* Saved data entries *
════

-- ===== src/App/Ordered.antt =====
-- The order in which `Run` takes the application down, and what it returns.
use exchange_rate_quote_serv.Prelude.{
  Bool, true, false, List, [], ◌∷◌, ◌++◌, Option, none, some, ◌≡◌, refl, ◌∙◌, ap, if◌then◌else◌,
}
use exchange_rate_quote_serv.Errors.{Error}
use exchange_rate_quote_serv.App.Lifecycle.{
  Event, http_stopped, worker_stopped, App, Outcomes, close, shutdown,
}
use exchange_rate_quote_serv.App.Run.{
  WorkerPhase, ServerPhase, StopPhase, Run, Turn, signalled, worker_turn, server_turn, stopper_turn,
  Served, listening, closed, broken, fail, step_worker, step_server, step_stopper, step_closed,
  run_turn,
}

module _ (o : Outcomes) (app : App) where
  -- What has been taken down in each phase of `shutdown`.
  abbrev pub torn : StopPhase → List Event
  torn StopPhase.idle = []
  torn StopPhase.http_down = http_stopped ∷ []
  torn StopPhase.worker_down = http_stopped ∷ worker_stopped ∷ []
  torn StopPhase.returned = (shutdown o app).1

  -- What an error of `shutdown` comes to.
  abbrev pub IsNoted : StopPhase → Option Error → Option Error → Type 0
  IsNoted StopPhase.returned (some e) first = (f : Error) × (first ≡ some f)
  IsNoted _ _ first = Unit

  abbrev pub is_idle : StopPhase → Bool
  is_idle StopPhase.idle = true
  is_idle _ = false

  pub record IsOrdered (s : Run) : Type 0 where
    pub log : s.log ≡ torn s.stopper
    pub cancelled : is_idle s.stopper ≡ false → s.cancelled ≡ true
    pub failure : IsNoted s.stopper (shutdown o app).0 s.first
    pub error : (e : Error) → s.first ≡ some e → s.cancelled ≡ true

  first-IsNoted :
      (p : StopPhase) (e x : Option Error) (new : Error)
      → IsNoted p e x
      → IsNoted p e (elim x [ none ↦ some new | some f ↦ some f ])
  first-IsNoted StopPhase.idle e x new h = tt
  first-IsNoted StopPhase.http_down e x new h = tt
  first-IsNoted StopPhase.worker_down e x new h = tt
  first-IsNoted StopPhase.returned none x new h = tt
  first-IsNoted StopPhase.returned (some e) none new h = (new, refl)
  first-IsNoted StopPhase.returned (some e) (some f) new h = (f, refl)

  fail-IsOrdered : (r : Option Error) (s : Run) → IsOrdered s → IsOrdered (fail r s)
  fail-IsOrdered none s h = h
  fail-IsOrdered (some e) s h = record {
    log = h.log;
    cancelled = λ _. refl;
    failure = first-IsNoted s.stopper (shutdown o app).0 s.first e h.failure;
    error = λ _ _. refl;
  }

  -- The phases of the worker and of the server do not matter.
  elsewhere :
      (p : WorkerPhase) (q : ServerPhase) (s : Run)
      → IsOrdered s
      → IsOrdered (record s { worker = p; server = q })
  elsewhere p q s h = record {
    log = h.log;
    cancelled = h.cancelled;
    failure = h.failure;
    error = h.error;
  }

  woken-IsOrdered :
      (b : Bool) (s : Run)
      → IsOrdered s
      → IsOrdered (if b then record s { worker = WorkerPhase.returned } else s)
  woken-IsOrdered true s h = elsewhere WorkerPhase.returned s.server s h
  woken-IsOrdered false s h = h

  worker-IsOrdered :
      (p : WorkerPhase) (r : Option Error) (s : Run) → IsOrdered s → IsOrdered (step_worker p r s)
  worker-IsOrdered WorkerPhase.starting none s h = elsewhere WorkerPhase.waiting s.server s h
  worker-IsOrdered WorkerPhase.starting (some e) s h =
      fail-IsOrdered (some _) (record s { worker = WorkerPhase.returned })
        (elsewhere WorkerPhase.returned s.server s h)
  worker-IsOrdered WorkerPhase.waiting r s h = woken-IsOrdered s.cancelled s h
  worker-IsOrdered WorkerPhase.returned r s h = h

  closed-IsOrdered : (p : StopPhase) (s : Run) → IsOrdered s → IsOrdered (step_closed p s)
  closed-IsOrdered StopPhase.idle s h = h
  closed-IsOrdered StopPhase.http_down s h = elsewhere s.worker ServerPhase.returned s h
  closed-IsOrdered StopPhase.worker_down s h = elsewhere s.worker ServerPhase.returned s h
  closed-IsOrdered StopPhase.returned s h = elsewhere s.worker ServerPhase.returned s h

  server-IsOrdered :
      (p : ServerPhase) (r : Served) (s : Run) → IsOrdered s → IsOrdered (step_server p r s)
  server-IsOrdered ServerPhase.serving listening s h = h
  server-IsOrdered ServerPhase.serving closed s h = closed-IsOrdered s.stopper s h
  server-IsOrdered ServerPhase.serving (broken e) s h =
      fail-IsOrdered (some _) (record s { server = ServerPhase.returned })
        (elsewhere s.worker ServerPhase.returned s h)
  server-IsOrdered ServerPhase.returned r s h = h

  has_first :
      (x : Option Error) (e : Error)
      → (f : Error) × (elim x as (λ _. Option Error) [ none ↦ some e | some g ↦ some g ] ≡ some f)
  has_first none e = (e, refl)
  has_first (some g) e = (g, refl)

  -- The last part of `shutdown`.
  finished-IsOrdered :
      (r : Option Error) (s : Run)
      → (shutdown o app).0 ≡ r
      → s.cancelled ≡ true
      → s.log ≡ (shutdown o app).1
      → IsOrdered (fail r (record s { stopper = StopPhase.returned }))
  finished-IsOrdered none s same on log = record {
    log = log;
    cancelled = λ _. on;
    failure = rw same tt;
    error = λ _ _. on;
  }
  finished-IsOrdered (some e) s same on log = record {
    log = log;
    cancelled = λ _. refl;
    failure = rw same (has_first s.first e);
    error = λ _ _. refl;
  }

  pub log_at : (p : StopPhase) (s : Run) → s.stopper ≡ p → IsOrdered s → s.log ≡ torn p
  log_at p s at h = h.log ∙ ap torn at

  pub on_at :
      (p : StopPhase) (s : Run)
      → s.stopper ≡ p
      → is_idle p ≡ false
      → IsOrdered s
      → s.cancelled ≡ true
  on_at p s at busy h = h.cancelled (ap is_idle at ∙ busy)

  begun-IsOrdered :
      (b : Bool) (s : Run)
      → s.cancelled ≡ b
      → s.stopper ≡ StopPhase.idle
      → IsOrdered s
      → IsOrdered (
          if b
          then record s { stopper = StopPhase.http_down; log = s.log ++ http_stopped ∷ [] }
          else s)
  begun-IsOrdered false s off at h = h
  begun-IsOrdered true s on at h = record {
    log = ap (λ l. l ++ http_stopped ∷ []) (log_at StopPhase.idle s at h);
    cancelled = λ _. on;
    failure = tt;
    error = h.error;
  }

  stopper-IsOrdered :
      (p : StopPhase) (s : Run) → s.stopper ≡ p → IsOrdered s → IsOrdered (step_stopper o app p s)
  unfolding step_stopper shutdown
  stopper-IsOrdered StopPhase.idle s at h = begun-IsOrdered s.cancelled s refl at h
  stopper-IsOrdered StopPhase.http_down s at h = record {
    log = ap (λ l. l ++ worker_stopped ∷ []) (log_at StopPhase.http_down s at h);
    cancelled = λ _. on_at StopPhase.http_down s at refl h;
    failure = tt;
    error = h.error;
  }
  stopper-IsOrdered StopPhase.worker_down s at h =
      finished-IsOrdered (shutdown o app).0
        (record s { stopper = StopPhase.returned; log = s.log ++ (close o app).1 }) refl
        (on_at StopPhase.worker_down s at refl h)
        (ap (λ l. l ++ (close o app).1) (log_at StopPhase.worker_down s at h))
  stopper-IsOrdered StopPhase.returned s at h = h

  pub turn-IsOrdered : (t : Turn) (s : Run) → IsOrdered s → IsOrdered (run_turn o app t s)
  unfolding run_turn
  turn-IsOrdered signalled s h = record {
    log = h.log;
    cancelled = λ _. refl;
    failure = h.failure;
    error = λ _ _. refl;
  }
  turn-IsOrdered (worker_turn r) s h = worker-IsOrdered s.worker r s h
  turn-IsOrdered (server_turn r) s h = server-IsOrdered s.server r s h
  turn-IsOrdered stopper_turn s h = stopper-IsOrdered s.stopper s refl h
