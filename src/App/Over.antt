-- ===== src/App/Over.antt =====
-- `Run` of cmd/app/app.go when it has returned.
use exchange_rate_quote_serv.Prelude.{List, [], ◌∷◌, arith, refl}
use exchange_rate_quote_serv.App.Lifecycle.{App, Outcomes}
use exchange_rate_quote_serv.App.Run.{Run, start, Turn, run_turn, run_turns}
use exchange_rate_quote_serv.App.Ordered.{IsOrdered, turn-IsOrdered}

module _ (o : Outcomes) (app : App) where
  turns-IsOrdered :
      (ts : List Turn) (s : Run) → IsOrdered o app s → IsOrdered o app (run_turns o app ts s)
  unfolding run_turns
  turns-IsOrdered [] s h = h
  turns-IsOrdered (t ∷ ts) s h =
      turns-IsOrdered ts (run_turn o app t s) (turn-IsOrdered o app t s h)

  started-IsOrdered : IsOrdered o app start
  started-IsOrdered = record {
    log = refl;
    cancelled = λ h. absurd (ground arith);
    failure = tt;
    error = λ e h. absurd (ground arith);
  }

  -- The invariant holds whatever turns the three take.
  pub run_turns-IsOrdered : (ts : List Turn) → IsOrdered o app (run_turns o app ts start)
  run_turns-IsOrdered ts = turns-IsOrdered ts start started-IsOrdered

════

* Action item *
Write out only the lines that run from the line containing "woken-IsOrdered true s" through the line containing "(p : WorkerPhase) (r", both included, exactly as they appear above.

* Written solution *
  woken-IsOrdered true s h = elsewhere WorkerPhase.returned s.server s h
  woken-IsOrdered false s h = h

  worker-IsOrdered :
      (p : WorkerPhase) (r : Option Error) (s : Run) → IsOrdered s → IsOrdered (step_worker p r s)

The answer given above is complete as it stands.